• Activity:
Go through the following data and transcribe exactly the stretch of lines from the one holding "[]) ≡ some 2)" to the one holding "(n.calls 2 ≡", both included.
++++ Listed records
-- ===== src/Mux/Runs.antt =====
-- Tests, and the theorems at concrete inputs: frames whose first byte is their key.
use isopace.Common.{
  ℕ, ◌≡◌, ◌≢◌, refl, Option, eq_bytes, arith, true, false, none, some, [], ◌∷◌, Bytes, Result, ok,
  err, length,
}
use isopace.Engine.Codec.{marshal}
use isopace.Engine.Message.{set_field, unset, new_message, field}
use isopace.Engine.RoundTrip.{IsBuilt}
use isopace.Field.Built.{Built-IsBuilt}
use isopace.Field.Runs.{
  schema, with_mti, mti_digits, code_text, pan_text, with_mti-Built, schema-IsRoomy, mti_IsWritable,
}
use isopace.Mux.Correlation.{returned_frame_matches, pending_in_flight, reader_returns}
use isopace.Mux.Keys.{field_keyer, join_bar, field_keyer-marshal, TextsAt}
use isopace.Mux.Leaving.{Returns, stopped_request-Returns}
use isopace.Mux.Reuse.{register_step, hand_over_step, reused_key_unanswered}
use isopace.Mux.Stop.{first_cause_wins}
use isopace.Mux.Steps.{
  Config, Mux, Step, Phase, active, waiting, leaving, returned, new_mux, response_key, sent, finish,
  put_frame, HasRoom, stop, handler_of, err_of, send, timeout, closed, closed_err, dispatch,
  receive, receiving, delivering, by_unsolicited, write, deliver, answer, leave, Run, here, next,
}

abbrev first_byte : Bytes → Result ℕ Bytes
first_byte [] = err 0
first_byte (b ∷ _) = ok (b ∷ [])

abbrev config : Config ℕ
config = record {
  key = first_byte;
  timeout = 5;
  has_unsolicited = true;
  has_replier = false;
  resp_key = none;
}

abbrev echo : Bytes
echo = 7 ∷ 0 ∷ []

abbrev reply : Bytes
reply = 7 ∷ 1 ∷ []

-- A request that is in the table, and sent.
in_select :
    (m : Mux ℕ) × Run config new_mux m
    × (m.calls 1 ≡ active echo (7 ∷ []) none waiting)
    × (m.pending (7 ∷ []) ≡ some 1)
    × (m.reader ≡ receiving)
unfolding sent eq_bytes
in_select =
    let r1 = next here (register_step config new_mux 1 echo (7 ∷ []) refl refl refl) in
    let r2 = next r1 (write 1 none refl) in (_, r2, refl, refl, refl)

-- The reply has come, and is about to be put in the channel.
handed :
    (m : Mux ℕ) × Run config new_mux m
    × (m.calls 1 ≡ active echo (7 ∷ []) none waiting)
    × (m.reader ≡ delivering 1 reply)
unfolding response_key
handed =
    let (m, r, wait, entry, ready) = in_select in
    (_, next r (hand_over_step config m 1 reply (7 ∷ []) ready refl entry), wait, refl)

finished :
    (m : Mux ℕ) × Run config new_mux m
    × (m.calls 1 ≡ active echo (7 ∷ []) none (returned (ok reply)))
unfolding put_frame HasRoom response_key sent finish eq_bytes
finished =
    let r1 = next here (register_step config new_mux 1 echo (7 ∷ []) refl refl refl) in
    let r2 = next r1 (write 1 none refl) in
    let r3 = next r2 (hand_over_step config _ 1 reply (7 ∷ []) refl refl refl) in
    let r4 = next r3 (deliver 1 refl tt) in
    let r5 = next r4 (answer 1 refl) in let r6 = next r5 (leave 1 refl) in (_, r6, refl)

returned_frame_matches_example :
    (first_byte echo ≡ ok (7 ∷ [])) × (response_key config reply ≡ ok (7 ∷ []))
returned_frame_matches_example = returned_frame_matches finished.1 finished.2

pending_in_flight_example :
    (req : Bytes) × (at : Phase ℕ) × (in_select.0.calls 1 ≡ active req (7 ∷ []) none at)
    × (first_byte req ≡ ok (7 ∷ []))
    × ((res : Result _ Bytes) → at ≢ returned res)
pending_in_flight_example = pending_in_flight in_select.1 in_select.3

reader_returns_example : (n : Mux ℕ) × Step config handed.0 n × (n.reader ≡ receiving)
reader_returns_example = reader_returns handed.1 handed.3

abbrev downed : Mux ℕ
downed = record new_mux {
  calls = λ _. active echo (7 ∷ []) none waiting;
  done = true;
  read_err = some closed;
}

-- A frame comes in after the stop.
stopped_request-Returns_example :
    Returns config echo (7 ∷ []) 1 (closed_err downed) (dispatch config reply downed)
stopped_request-Returns_example =
    stopped_request-Returns config echo (7 ∷ []) 1 refl refl (next here (receive reply refl))

first_cause_wins_example :
    (err_of {C = ℕ} (stop (some timeout) new_mux) ≡ some timeout)
    × ((linked : Option ℕ) → send linked (stop (some timeout) new_mux) ≡ some timeout)
first_cause_wins_example = first_cause_wins config new_mux timeout refl here

reused_key_unanswered_example :
    (m : Mux ℕ) × Run config new_mux m
    × (m.calls 1 ≡ active echo (7 ∷ []) none (leaving (ok reply)))
    × (m.calls 2 ≡ active (7 ∷ 3 ∷ []) (7 ∷ []) none waiting)
    × (m.pending (7 ∷ []) ≡ some 2)
    × (let left : Mux ℕ = finish 1 (7 ∷ []) m (active echo (7 ∷ []) none (returned (ok reply))) in
        Step config m left
        × (left.pending (7 ∷ []) ≡ none)
        × (left.calls 2 ≡ active (7 ∷ 3 ∷ []) (7 ∷ []) none waiting)
        × ((n : Mux ℕ) × Step config left n
            × (n.calls 2 ≡ active (7 ∷ 3 ∷ []) (7 ∷ []) none waiting)
            × (n.handled ≡ (handler_of config, 7 ∷ 4 ∷ []) ∷ [])
            × (n.pending (7 ∷ []) ≡ none)))
unfolding response_key
reused_key_unanswered_example =
    reused_key_unanswered config echo (7 ∷ 3 ∷ []) reply (7 ∷ 4 ∷ []) (7 ∷ []) refl refl refl refl

-- Without a replier the frame goes to the other handler.
unmatched_handler : handler_of config ≡ by_unsolicited
unfolding handler_of
unmatched_handler = refl

-- "0100" asks and "0110" answers.
abbrev response_mti : Bytes
response_mti = b'0' ∷ b'1' ∷ b'1' ∷ b'0' ∷ []

with_mti-TextsAt :
    (mti : Bytes) → TextsAt (with_mti mti) schema.max_de (3 ∷ 2 ∷ []) (code_text ∷ pan_text ∷ [])
unfolding set_field unset new_message field
with_mti-TextsAt mti =
    (ground arith, ground arith, refl, refl, (ground arith, ground arith, refl, refl, tt))

with_mti-IsBuilt : (mti : Bytes) → length mti ≡ 4 → IsBuilt schema (with_mti mti)
with_mti-IsBuilt mti n =
    Built-IsBuilt schema schema-IsRoomy (with_mti mti) (with_mti-Built mti n) (mti_IsWritable mti n)

field_keyer-marshal_example :
    (sent got : Bytes) × (marshal schema (with_mti mti_digits) [] ≡ ok sent)
    × (marshal schema (with_mti response_mti) [] ≡ ok got)
    × (field_keyer schema true (3 ∷ 2 ∷ []) sent ≡ ok (join_bar (code_text ∷ pan_text ∷ [])))
    × (field_keyer schema true (3 ∷ 2 ∷ []) got ≡ ok (join_bar (code_text ∷ pan_text ∷ [])))
field_keyer-marshal_example =
    field_keyer-marshal schema true (with_mti mti_digits) (with_mti response_mti) (3 ∷ 2 ∷ [])
      (code_text ∷ pan_text ∷ []) (with_mti-IsBuilt mti_digits refl)
      (with_mti-IsBuilt response_mti refl) (with_mti-TextsAt mti_digits)
      (with_mti-TextsAt response_mti)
++++++++
• Response to this exercise:
    × (m.pending (7 ∷ []) ≡ some 2)
    × (let left : Mux ℕ = finish 1 (7 ∷ []) m (active echo (7 ∷ []) none (returned (ok reply))) in
        Step config m left
        × (left.pending (7 ∷ []) ≡ none)
        × (left.calls 2 ≡ active (7 ∷ 3 ∷ []) (7 ∷ []) none waiting)
        × ((n : Mux ℕ) × Step config left n
            × (n.calls 2 ≡ active (7 ∷ 3 ∷ []) (7 ∷ []) none waiting)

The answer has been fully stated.